本ブログで何度か紹介させて頂いております通り、いつでも、どこでも、誰の顔にも表れる万国共通な7つの表情というものが存在しています。表情学の世界では、これらの7表情以外にも万国共通な表情があるのではないかと考えられ、目下、研究が進められております。
本日はそんな研究の中で、「畏敬」「楽しみ」「誇らしさ」表情の普遍性について考察した研究をご紹介させて頂きたいと思います。
西欧系、ラテン系、アジア系、アフリカンーアメリカンの男女72名を対象に実験が行われました。実験参加者は、実験室にて一つ一つ感情―「畏敬」「楽しみ」「誇らしさ」―を指定されます。実験参加者は、指定されたそれぞれの感情を自分の過去の経験から呼び起こし、言葉を使わずにその感情を他者に向かって表現するようにします。

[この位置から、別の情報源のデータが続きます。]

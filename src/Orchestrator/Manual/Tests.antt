-- ===== src/Orchestrator/Manual/Tests.antt =====
-- An administrator's order that the budget refuses.
use wince_backend.Prelude.{pos, ◌≡◌, refl, false}
use wince_backend.Types.{price_reduction, in_shop}
use wince_backend.Redis.Memory.{memory}
use wince_backend.World.Monad.{ok, ◌>>=◌}
use wince_backend.Lock
use wince_backend.Cooldown
use wince_backend.Budget
use wince_backend.Orchestrator.{budget_exhausted, start_heartbeat}
use wince_backend.Orchestrator.Manual.{
  ManualParams, refused, manual_decide, guard_order, after_guard, with_order_token, order_locked,
}
use wince_backend.Orchestrator.Manual.Timers.{LeavesTimers, manual_decide-LeavesTimers}
use wince_backend.Fixture.{readers, world}

-- an order of more than the daily budget
abbrev order : ManualParams
order = record {
  session_id = "s1";
  store_id = 1;
  customer_id = pos 42;
  distinct_id = "d1";
  email_consent = false;
  sms_consent = false;
  type = price_reduction;
  channel = in_shop;
  value = 20000;
  override_cooldown = false;
}

is_refused : (manual_decide memory readers order world).0 ≡ ok (refused budget_exhausted)
unfolding manual_decide guard_order after_guard with_order_token order_locked start_heartbeat
    Lock.is_sent Lock.acquire_user_lock Lock.acquire_script Cooldown.is_on_cooldown
    Budget.check_and_reserve Budget.reserve_script Budget.initialise Budget.check_and_increment
    ◌>>=◌
is_refused = refl

manual_decide-LeavesTimers_example :
    LeavesTimers {R = memory}
      (pos 42)
      world.heartbeats
      (refused budget_exhausted)
      (manual_decide memory readers order world).1
manual_decide-LeavesTimers_example =
    manual_decide-LeavesTimers memory readers world order (refused budget_exhausted) is_refused
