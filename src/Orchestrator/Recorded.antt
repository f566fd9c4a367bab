-- ===== src/Orchestrator/Recorded.antt =====
-- What a run of `executeRecommendation` that says `executed` has sent and recorded.
use Prim.Native.String.{String}
use wince_backend.Prelude.{ℕ, ◌≡◌, refl, inl, inr, Option, none, some, List, [], ◌∷◌, ◌++◌, arith}
use wince_backend.Redis.{Redis}
use wince_backend.World.{World, Delivery, Recommendation, executed}
use wince_backend.World.Monad.{M, Outcome, ok, threw, continue, recover, pure, ◌>>=◌, ◌>>◌}
use wince_backend.World.Monad.Keeps.{Keeps}
use wince_backend.World.Monad.Returns.{
  Returns, Returns-Keeps, Returns-pure, Returns-if, Returns-bind, Returns-try, Returns-weaken,
  Keeps-nothing,
}
use wince_backend.Lock
use wince_backend.Cooldown
use wince_backend.Outbound
use wince_backend.Recommendation
use wince_backend.Orchestrator.{
  ExecuteResult, executed as result_executed, skipped, Readers, Plan, deliver, run_locked,
  with_token, Validated, proceed, stop, failed, after_validation, validate, recommendation,
  cooldown_seconds, execute_recommendation,
}
use wince_backend.Orchestrator.Quiet.{
  IsQuiet, IsTimerless, acquire_quiet, mark_delivered_quiet, set_cooldown_quiet, mark_sent_quiet,
  reserve_quiet, write_quiet, let_go_quiet, start_heartbeat_quiet, discount_code_quiet,
}
use wince_backend.Orchestrator.Execute.{
  delivery_for, IsDue, after_checks, validate-IsDue, execute_recommendation-DueDelivery,
}

module _ {R : Redis} (id : ℕ) (l : List Delivery) (row : Option Recommendation) where
  -- The deliveries are `l`, and the recommendation's row is `row`.
  abbrev pub Placed : World R → Type 0
  Placed w = (w.deliveries ≡ l) × (w.recommendations id ≡ row)

  pub Placed-IsQuiet : IsQuiet Placed
  Placed-IsQuiet = record {
    blind = record {
      store_blind = λ w s n h. h;
      redis_blind = λ w n h. h;
      db_blind = λ w n h. h;
      kafka_blind = λ w n h. h;
      messages_blind = λ w m n h. h;
      uuid_blind = λ w n h. h;
    };
    interventions_blind = λ w i h. h;
    codes_blind = λ w c h. h;
  }

  pub Placed-IsTimerless : IsTimerless Placed
  Placed-IsTimerless = record { quiet = Placed-IsQuiet; heartbeats_blind = λ w t h. h }

abbrev pub executed_row : String → Recommendation → Recommendation
executed_row i rec = record rec { status = executed; intervention_id = some i }

module _ (R : Redis) (rd : Readers) (p : Plan) (l : List Delivery) where
  abbrev pub plan_intervention : String
  plan_intervention = rd.intervention_id (recommendation p.recommendation_id) p.rec.distinct_id

  -- One delivery of the plan after `l`, and the plan's row executed.
  pub record IsCompleted (w : World R) : Type 0 where
    pub code : Option String
    pub placed :
        Placed p.recommendation_id
          (l ++ delivery_for R rd p code ∷ [])
          (some (executed_row plan_intervention p.rec))
          w

  -- What a result promises.
  abbrev pub Promises : ExecuteResult → World R → Type 0
  Promises (result_executed i) w = (i ≡ plan_intervention) × IsCompleted w
  Promises (skipped r) w = Unit {0}

module _ (R : Redis) (rd : Readers) (l : List Delivery) (rec : Recommendation) where
  route-Placed :
      (id : ℕ) (row : Option Recommendation) (d : Delivery)
      → Returns (Placed id l row) (λ _. Placed id (l ++ d ∷ []) row) (Outbound.route R d)
  unfolding Outbound.route ◌>>=◌
  route-Placed id row d = record { at = λ w p _ _. (rw p.0 refl, p.1) }

  mark_executed-Placed :
      (id : ℕ) (i : String)
      → Returns
          (Placed id l (some rec))
          (λ _. Placed id l (some (executed_row i rec)))
          (Recommendation.mark_executed R id i)
  unfolding Recommendation.mark_executed ◌>>=◌
  mark_executed-Placed id i = record { at = λ w p _ h. ground arith }

  -- the writes after the request
  settle-Placed :
      (p : Plan) (i : String)
      → Returns
          (Placed p.recommendation_id l (some rec))
          (λ _. Placed p.recommendation_id l (some (executed_row i rec)))
          (do
            Outbound.mark_delivered R i
            Cooldown.set_cooldown R p.rec.store_id p.customer_id (cooldown_seconds p.pol)
            Lock.mark_sent R p.customer_id
            Recommendation.mark_executed R p.recommendation_id i)
  settle-Placed p i =
      Returns-bind _ _ (Returns-Keeps (mark_delivered_quiet R (Placed-IsQuiet _ l _) i)) (λ _.
        Returns-bind _ _ (Returns-Keeps (set_cooldown_quiet R (Placed-IsQuiet _ l _) _ _ _)) (λ _.
          Returns-bind _ _ (Returns-Keeps (mark_sent_quiet R (Placed-IsQuiet _ l _) _))
            (λ _. mark_executed-Placed p.recommendation_id i)))

module _ (R : Redis) (rd : Readers) (p : Plan) (l : List Delivery) where
  Keeps-IsCompleted :
      {A : Type 0} (m : M R A)
      → ((l' : List Delivery) (row : Option Recommendation)
          → Keeps (Placed p.recommendation_id l' row) m)
      → Keeps (IsCompleted R rd p l) m
  Keeps-IsCompleted m k = record {
    at = λ w c. record { code = c.code; placed = (k _ _).at w c.placed };
  }

  deliver-IsCompleted :
      Returns
        (Placed p.recommendation_id l (some p.rec))
        (λ _. IsCompleted R rd p l)
        (deliver R rd p)
  unfolding deliver
  deliver-IsCompleted =
      Returns-bind _ _ (Returns-Keeps (discount_code_quiet R rd (Placed-IsQuiet _ l _) _ _ _))
        (λ code. Returns-bind _ _ (Returns-Keeps (write_quiet R (Placed-IsQuiet _ l _) _)) (λ _.
          Returns-bind _ _
            (route-Placed R rd l p.rec p.recommendation_id _ (delivery_for R rd p code))
            (λ _.
              Returns-weaken _
                (settle-Placed R rd (l ++ delivery_for R rd p code ∷ []) p.rec p
                  (plan_intervention R rd p l))
                (λ _ w h. record { code = code; placed = h }))))

  run_locked-Promises :
      (k : ℕ)
      → Returns
          (Placed p.recommendation_id l (some p.rec))
          (Promises R rd p l)
          (run_locked R rd p k)
  unfolding run_locked
  run_locked-Promises k =
      Returns-bind _ _ (Returns-Keeps (start_heartbeat_quiet R rd (Placed-IsTimerless _ l _) _ _))
        (λ _. Returns-bind _ _ (Returns-Keeps (reserve_quiet R (Placed-IsQuiet _ l _) _ _ _)) (λ b.
          Returns-if b _ _
            (Returns-bind _ _ deliver-IsCompleted (λ _.
              Returns-bind _ _
                (Returns-Keeps (
                  Keeps-IsCompleted _
                    (λ l' row. let_go_quiet R rd (Placed-IsTimerless _ l' row) _ _ k)))
                (λ _. Returns-pure _ (λ w c. (refl, c)))))
            (Returns-bind _ _ (Returns-Keeps (let_go_quiet R rd (Placed-IsTimerless _ l _) _ _ k))
              (λ _. Returns-pure _ (λ w _. tt)))))

  with_token-Promises :
      (t : Option ℕ)
      → Returns
          (Placed p.recommendation_id l (some p.rec))
          (Promises R rd p l)
          (with_token R rd p t)
  unfolding with_token
  with_token-Promises none = Returns-pure _ (λ w _. tt)
  with_token-Promises (some k) =
      Returns-try _ _ (run_locked-Promises k)
        (λ e. Returns-bind _ _ (Returns-Keeps (Keeps-nothing _)) (λ _. Returns-pure _ (λ w _. tt)))

module _ (R : Redis) (rd : Readers) where
  -- A run from `w` to `w'` that says `executed i`.
  pub record IsRecorded (w : World R) (id : ℕ) (i : String) (w' : World R) : Type 0 where
    pub plan : Plan
    pub due : IsDue R rd w id plan
    pub names : i ≡ plan_intervention R rd plan w.deliveries
    pub completed : IsCompleted R rd plan w.deliveries w'

  after_token-Promises :
      (p : Plan) (l : List Delivery) (w : World R) (i : String)
      → Placed p.recommendation_id l (some p.rec) w
      → (after_validation R rd (proceed p) w).0 ≡ ok (result_executed i)
      → Promises R rd p l (result_executed i) (after_validation R rd (proceed p) w).1
  unfolding after_validation
  after_token-Promises p l w i placed =
      (Returns-bind _ _ (Returns-Keeps (acquire_quiet R (Placed-IsQuiet _ l _) _))
          (with_token-Promises R rd p l)).at
        w placed (result_executed i)

  after_checks-Placed :
      (w w1 : World R) (id : ℕ) (p : Plan)
      → IsDue R rd w id p
      → w1 ≡ after_checks R rd w
      → Placed p.recommendation_id w.deliveries (some p.rec) w1
  after_checks-Placed w w1 id p due q = rw q (refl, rw due.identifier due.row)

  after_validation-IsRecorded :
      (w : World R) (id : ℕ) (i : String) (v : Outcome Validated) (w1 : World R)
      → ((p : Plan) → v ≡ ok (proceed p) → IsDue R rd w id p × (w1 ≡ after_checks R rd w))
      → (continue v (after_validation R rd) w1).0 ≡ ok (result_executed i)
      → IsRecorded w id i (continue v (after_validation R rd) w1).1
  unfolding after_validation ◌>>=◌
  after_validation-IsRecorded w id i (threw e) w1 g h = ground arith
  after_validation-IsRecorded w id i (ok (stop r)) w1 g h = ground arith
  after_validation-IsRecorded w id i (ok (proceed p)) w1 g h =
      let (due, q) = g p refl in
      let (names, completed) =
        after_token-Promises p w.deliveries w1 i (after_checks-Placed w w1 id p due q) h in
      record { plan = p; due = due; names = names; completed = completed }

  recover-executed :
      (r : Outcome ExecuteResult) (w : World R) (i : String)
      → (recover r (λ e. pure (skipped (failed e))) w).0 ≡ ok (result_executed i)
      → (r ≡ ok (result_executed i)) × ((recover r (λ e. pure (skipped (failed e))) w).1 ≡ w)
  unfolding ◌>>=◌
  recover-executed (ok a) w i h = (h, refl)
  recover-executed (threw e) w i h = ground arith

  -- A run that says `executed i` has sent exactly one delivery of a plan that was due, and left the
  -- plan's row executed by `i`, the identifier of the recommendation and its visitor.
  pub execute_recommendation-IsRecorded :
      (w : World R) (id : ℕ) (i : String)
      → (execute_recommendation R rd id w).0 ≡ ok (result_executed i)
      → IsRecorded w id i (execute_recommendation R rd id w).1
  unfolding execute_recommendation ◌>>=◌
  execute_recommendation-IsRecorded w id i h =
      let (v, w1) = validate R rd id w in
      let (e, q) =
        recover-executed (continue v (after_validation R rd) w1).0
          (continue v (after_validation R rd) w1).1 i h in
      rw q (after_validation-IsRecorded w id i v w1 (λ p g. validate-IsDue R rd w id p g) e)

  -- After a run that says `executed i`, a run from any state with the same row of the recommendation
  -- sends nothing.
  pub execute_recommendation-once :
      (w : World R) (id : ℕ) (i : String) (v : World R)
      → (execute_recommendation R rd id w).0 ≡ ok (result_executed i)
      → v.recommendations id ≡ (execute_recommendation R rd id w).1.recommendations id
      → (execute_recommendation R rd id v).1.deliveries ≡ v.deliveries
  execute_recommendation-once w id i v h same =
      let c = execute_recommendation-IsRecorded w id i h in
      elim (execute_recommendation-DueDelivery R rd v id) [
        | inl s ↦ s
        | inr d ↦
            ground (arith, c.completed.placed.1, c.due.identifier, d.due.row, d.due.open_status)
      ]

そのときの実験参加者の顔の表情及び上半身の動きを観察します。
その結果、
「畏敬」感情では、目と口が見開き、眉はハの字になる様が観察されました。
「楽しみ」感情では、口は大きくあけながらほころびを見せ、目尻にはしわが観察されました。また頭や身体が上下にバウンドするような動きも観察されました。
「誇らしさ」感情では、口はほころびながらも唇に力が入り、目尻にはしわが観察されました。また背筋を伸ばす動きも観察されました。
このように準万国共通な表情に関する知見が徐々に蓄積されています。
私たちは一体いくつの万国共通な表情を持っているのでしょうか?
多彩な感情世界を記述する方法を、科学は日々探求しているのですね。
清水建二
参考文献
MICHELLE N. SHIOTA,BELINDA CAMPOS,AND DACHER KELTNER
The Faces of Positive Emotion
Prototype Displays of Awe,
Amusement, and Pride
Ann. N.Y. Acad. Sci. 1000: 296–299 (2003).